The advisory takes aim at the ubiquity of “health misinformation” online, which the Surgeon General equates to a pandemic in terms of the scale of the threat it poses to the public. He’s even adopted a new word for it just to make the point unmistakably clear: “infodemic.”
This infodemic, Murthy’s memo tells us, is spread when populations that have not yet been treated with the proper “inoculation methods” are “exposed” to dangerous health misinformation at the hands of “super-spreaders.” The advisory lays out ways individuals, families, communities, educators, health professionals, journalists, tech platforms, researchers, funders, foundations, and government agencies can take measures to stop the transmission. It is up to “every single person” in “every sector of society,” the Surgeon General declares, like a latter-day Winston Churchill, to combat the global infodemic. We need nothing less than a “whole-of-society effort” to defeat it.
The aim, obviously, is to get more Americans to take the Covid vaccines. Currently less than sixty percent of Americans are fully vaccinated, and Covid case numbers are surging in almost every state in the country. The administration chalks this failure up to online conspiracy theorists. At a press conference to roll out the report, Press Secretary Jen Psaki referred to “twelve people who are producing 65% of anti-vaccine misinformation on social media platforms.”
That figure comes from a report by the Center for Countering Digital Hate called “The Disinformation Dozen,” which names the top purveyors of anti-vaxx hysteria online and calls for their removal from social media platforms. CCDH is a DC- and London-based NGO, which appears to be staffed by a single person, Imran Ahmed. Its website features a number of campaigns aimed at combating perpetrators of alleged digital toxicity, from anti-vaxx promoters to sexual harassers. Nearly every one of them calls for social media platforms to either “deplatform” or demonetize the transgressors. One particularly ambitious demand proposes that all of the social media platforms ban anyone who’s ever said anything racist online for life.
CCDH’s website describes “two parallel pandemics. One is biological: Covid-19; the other is social: misinformation.” The group’s blunt prescription for the latter problem — online censorship — is reflected in the Surgeon General’s advisory. The advisory calls for tech platforms to “impose clear consequences” for misinformation “super-spreaders” on social media. Though it leaves unspecified what those “consequences” should be, the first use of the word “super-spreader” in the memo is footnoted to CCDH’s report — and the CCDH, which doesn’t have to stay up at night worrying about the First Amendment, is not nearly as coy as the U.S. government about what should be done with these perpetrators.
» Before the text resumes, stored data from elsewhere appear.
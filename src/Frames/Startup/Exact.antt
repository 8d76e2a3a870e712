-- ===== src/Frames/Startup/Exact.antt =====
-- `init` of src/mm/memory.rs as a whole: which frames it leaves free.
use nwin_os.Common.{
  ◌%◌, ◌&&◌, ℕ, ◌+◌, ◌*◌, ◌/◌, ◌^◌, ◌≤◌, ◌<◌, ◌≡◌, ◌≢◌, ◌↔◌, refl, ◌∙◌, Bool, true, false, not,
  ◌||◌, Option, none, some, ◌⊎◌, inl, inr, List, [], ◌∷◌, leb, ◌==◌, if◌then◌else◌, arith, dec_lt,
  Bool-cases,
}
use nwin_os.Common.Outcome.{returned, panicked}
use nwin_os.Frames.{BitmapFrameAllocator, frame_size, empty, test_bit, set_run}
use nwin_os.Frames.Search.{out_of_range}
use nwin_os.Frames.Laws.{
  IsValid, force_set_bit-IsValid, total-force_set_bit, test_bit-force_set_bit,
}
use nwin_os.Frames.Startup.{
  Entry, usable, EntryKind, is_usable, total_frames_of, metadata_total_size, metadata_frames,
  metadata_region, free_usable, all_reserved, set_up, init, overflows, max_addr_from,
}
use nwin_os.Frames.Startup.Laws.{
  Clears, Marks, in_range, frees, any_frees, all_reserved-IsValid, test_bit-all_reserved,
  set_run-Marks, free_usable-Clears,
}

-- Some usable entry of the map contains the whole frame `f`.
abbrev pub IsInUsable : List Entry → ℕ → Type 0
IsInUsable [] f = ⊥
IsInUsable (e ∷ es) f =
    ((e.kind ≡ usable)
      × (e.base ≤ f * frame_size)
      × (f * frame_size + frame_size ≤ e.base + e.size))
    ⊎ IsInUsable es f

is_usable_iff : (k : EntryKind) → (is_usable k ≡ true) ↔ (k ≡ usable)
is_usable_iff k = ground arith

any_frees→IsInUsable : (es : List Entry) (f : ℕ) → any_frees es f ≡ true → IsInUsable es f
any_frees→IsInUsable [] f h = cc
any_frees→IsInUsable (e ∷ es) f h = elim (Bool-cases (frees e f)) [
  | inl here ↦ inl ((is_usable_iff e.kind).0 (ground arith), ground arith, ground arith)
  | inr not_here ↦ inr (any_frees→IsInUsable es f (ground arith))
]

IsInUsable→any_frees : (es : List Entry) (f : ℕ) → IsInUsable es f → any_frees es f ≡ true
IsInUsable→any_frees [] f h = absurd h
IsInUsable→any_frees (e ∷ es) f (inl here) = ground (arith, (is_usable_iff e.kind).1 here.0)
IsInUsable→any_frees (e ∷ es) f (inr later) = ground (arith, IsInUsable→any_frees es f later)

-- The bytes of the metadata: one bit for each frame, in whole words of 64, and two bytes for each.
abbrev pub metadata_bytes : ℕ → ℕ
metadata_bytes total_frames = (total_frames + 63) / 64 * 8 + 2 * total_frames

-- No byte of frame `f` is one of the metadata's.
abbrev pub IsOffMetadata : ℕ → ℕ → ℕ → Type 0
IsOffMetadata total_frames metadata_phys_addr f =
    (f * frame_size + frame_size ≤ metadata_phys_addr)
    ⊎ (metadata_phys_addr + metadata_bytes total_frames ≤ f * frame_size)

-- Some usable entry of the map contains the `n` bytes from `addr` on.
abbrev pub HoldsBytes : List Entry → (addr n : ℕ) → Type 0
HoldsBytes [] addr n = ⊥
HoldsBytes (e ∷ es) addr n =
    ((e.kind ≡ usable) × (e.base ≤ addr) × (addr + n ≤ e.base + e.size)) ⊎ HoldsBytes es addr n

-- What the bootloader documents: usable memory begins with a frame.
abbrev pub IsAligned : List Entry → Type 0
IsAligned [] = Unit
IsAligned (e ∷ es) = (e.kind ≡ usable → e.base % frame_size ≡ 0) × IsAligned es

-- Where the metadata is put.
metadata_region_lem :
    (total m : ℕ) (es : List Entry)
    → IsAligned es
    → metadata_region (metadata_total_size total) es ≡ some m
    → (m % frame_size ≡ 0) × HoldsBytes es m (metadata_bytes total)
unfolding metadata_region
metadata_region_lem total m [] al h = cc
metadata_region_lem total m (e ∷ es) al h =
    elim (Bool-cases (is_usable e.kind && leb (metadata_total_size total) e.size)) [
      | inl here ↦
          let u = (is_usable_iff e.kind).0 (ground arith) in
          let at : e.base ≡ m = ground (arith, here, h) in
          (omega (arith, al.0 u, at), inl (u, omega (arith, at), ground (arith, here, at)))
      | inr not_here ↦
          let r = metadata_region_lem total m es al.1 (ground (arith, not_here, h)) in
          (r.0, inr r.1)
    ]

in_table : (a : BitmapFrameAllocator) (f : ℕ) → test_bit a f ≡ false → f < a.total_frames
in_table a f h = elim (dec_lt f a.total_frames) [
  | yes inside ↦ inside
  | no outside ↦ ground (arith, out_of_range a f (omega arith))
]

module _ (es : List Entry) (metadata_phys_addr : ℕ)
    (aligned : metadata_phys_addr % frame_size ≡ 0) where
  abbrev total : ℕ
  total = total_frames_of es

  abbrev metadata_start : ℕ
  metadata_start = metadata_phys_addr / frame_size

  abbrev cleared : BitmapFrameAllocator
  cleared = free_usable (all_reserved empty total) es

  hint-empty : empty.last_free_frame_hint ≤ total
  unfolding empty
  hint-empty = omega arith

  cleared-Clears : Clears (all_reserved empty total) (any_frees es) cleared
  cleared-Clears = free_usable-Clears _ es (all_reserved-IsValid empty total hint-empty)

  marked-Marks :
      Marks cleared
        (in_range metadata_start (metadata_frames total))
        (set_run cleared (metadata_frames total) metadata_start)
  marked-Marks = set_run-Marks cleared (metadata_frames total) metadata_start cleared-Clears.valid

  set_up-IsValid : IsValid (set_up empty es metadata_phys_addr)
  unfolding set_up
  set_up-IsValid = force_set_bit-IsValid _ 0 marked-Marks.valid

  total-set_up : (set_up empty es metadata_phys_addr).total_frames ≡ total
  unfolding set_up
  total-set_up =
      total-force_set_bit (set_run cleared (metadata_frames total) metadata_start) 0
      ∙ (marked-Marks.same_total ∙ cleared-Clears.same_total)

  test_bit-set_up :
      (f : ℕ)
      → f < total
      → test_bit (set_up empty es metadata_phys_addr) f
        ≡ (0 == f || (in_range metadata_start (metadata_frames total) f || not (any_frees es f)))
  unfolding set_up
  test_bit-set_up f h =
      test_bit-force_set_bit (set_run cleared (metadata_frames total) metadata_start) 0 f
        marked-Marks.valid (omega (arith, marked-Marks.same_total, cleared-Clears.same_total))
      ∙ ground (
        arith,
        marked-Marks.bits f (omega (arith, cleared-Clears.same_total)),
        cleared-Clears.bits f h,
        test_bit-all_reserved empty total f h,
      )

  -- Both directions of the characterisation of the free frames.
  free_iff :
      (f : ℕ)
      → (test_bit (set_up empty es metadata_phys_addr) f ≡ false)
        ↔ ((f < total) × (f ≢ 0) × IsOffMetadata total metadata_phys_addr f × IsInUsable es f)
  free_iff f = (there, back)
    where
      there :
          test_bit (set_up empty es metadata_phys_addr) f ≡ false
          → (f < total) × (f ≢ 0) × IsOffMetadata total metadata_phys_addr f × IsInUsable es f
      there h =
          let inside : f < total =
            omega (arith, in_table (set_up empty es metadata_phys_addr) f h, total-set_up) in
          let e = test_bit-set_up f inside in
          (
            inside,
            ground (arith, e, h),
            ground (arith, e, h),
            any_frees→IsInUsable es f (ground (arith, e, h)),
          )

      back :
          (f < total) × (f ≢ 0) × IsOffMetadata total metadata_phys_addr f × IsInUsable es f
          → test_bit (set_up empty es metadata_phys_addr) f ≡ false
      back p = ground (arith, test_bit-set_up f p.0, IsInUsable→any_frees es f p.3)

returned_injective : {A : Type 0} {x y : A} → returned x ≡ returned y → x ≡ y
returned_injective h = cc

-- What `init` does where it does not panic.
init_cases :
    (es : List Entry) (a : BitmapFrameAllocator)
    → init empty es ≡ returned a
    → (m : ℕ) × (metadata_region (metadata_total_size (total_frames_of es)) es ≡ some m)
      × (a ≡ set_up empty es m)
unfolding init
init_cases es a h = go _ _ refl refl h
  where
    go :
        (b : Bool) (o : Option ℕ)
        → (overflows es || leb (2 ^ 64) (max_addr_from 0 es + frame_size)) ≡ b
        → metadata_region (metadata_total_size (total_frames_of es)) es ≡ o
        → (if b
            then panicked
            else (elim o [ none ↦ panicked | some m ↦ returned (set_up empty es m) ]))
          ≡ returned a
        → (m : ℕ) × (metadata_region (metadata_total_size (total_frames_of es)) es ≡ some m)
          × (a ≡ set_up empty es m)
    go true o eb eo h' = cc
    go false none eb eo h' = cc
    go false (some m) eb eo h' = (m, eo, cc)

-- Where usable memory begins with whole frames: whenever `init` does not panic, it leaves a valid
-- allocator, and the metadata, a bit and a 16-bit count for each frame of the table, fits into the
-- usable entry that it chose. The free frames are exactly the frames of the table, other than frame 0,
-- that contain no byte of the metadata and lie wholly inside a usable entry of the memory map.
pub init-free_frames :
    (es : List Entry) (a : BitmapFrameAllocator)
    → IsAligned es
    → init empty es ≡ returned a
    → (m : ℕ) × (metadata_region (metadata_total_size (total_frames_of es)) es ≡ some m)
      × HoldsBytes es m (metadata_bytes (total_frames_of es))
      × IsValid a
      × ((f : ℕ)
          → (test_bit a f ≡ false) ↔ (
              (f < total_frames_of es)
              × (f ≢ 0)
              × IsOffMetadata (total_frames_of es) m f
              × IsInUsable es f))
init-free_frames es a al h =
    let (m, found, e) = init_cases es a h in
    let (aligned, held) = metadata_region_lem (total_frames_of es) m es al found in
    (m, found, held, rw e (set_up-IsValid es m aligned), rw e (free_iff es m aligned))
While those twelve super-spreaders may be the kingpins of the misinformation trade, the Biden administration’s deplatforming campaign is no mere decapitation operation. In her press conference with Murthy, Jen Psaki called directly for Facebook to “remove violative posts” wholesale, whichever suburban grandma they’re coming from. She even boasted that the Biden administration is “flagging problematic posts for Facebook.”
Psaki referred to the administration’s publicly promulgated proposals of the tech platforms as “asks.” But an ask from the President of the United States isn’t like an ask from a user, or even from a board director — and particularly not an ask from President Joe Biden. In his endorsement interview with the New York Times editorial board, then-candidate Biden told the editors that he has “never been a fan of Facebook...never been a big Zuckerberg fan.” A few seconds later he called for Section 230 of the Communications Decency Act, which immunizes tech platforms from legal liability for the content of posts by its users, to be “revoked, immediately.” Section 230 repeal is an existential threat to Facebook and most of the social media platforms. With that threat looming behind the administration’s requests, Psaki’s “asks” are about as polite as the Mafia’s.
The administration isn’t really asking. It’s telling.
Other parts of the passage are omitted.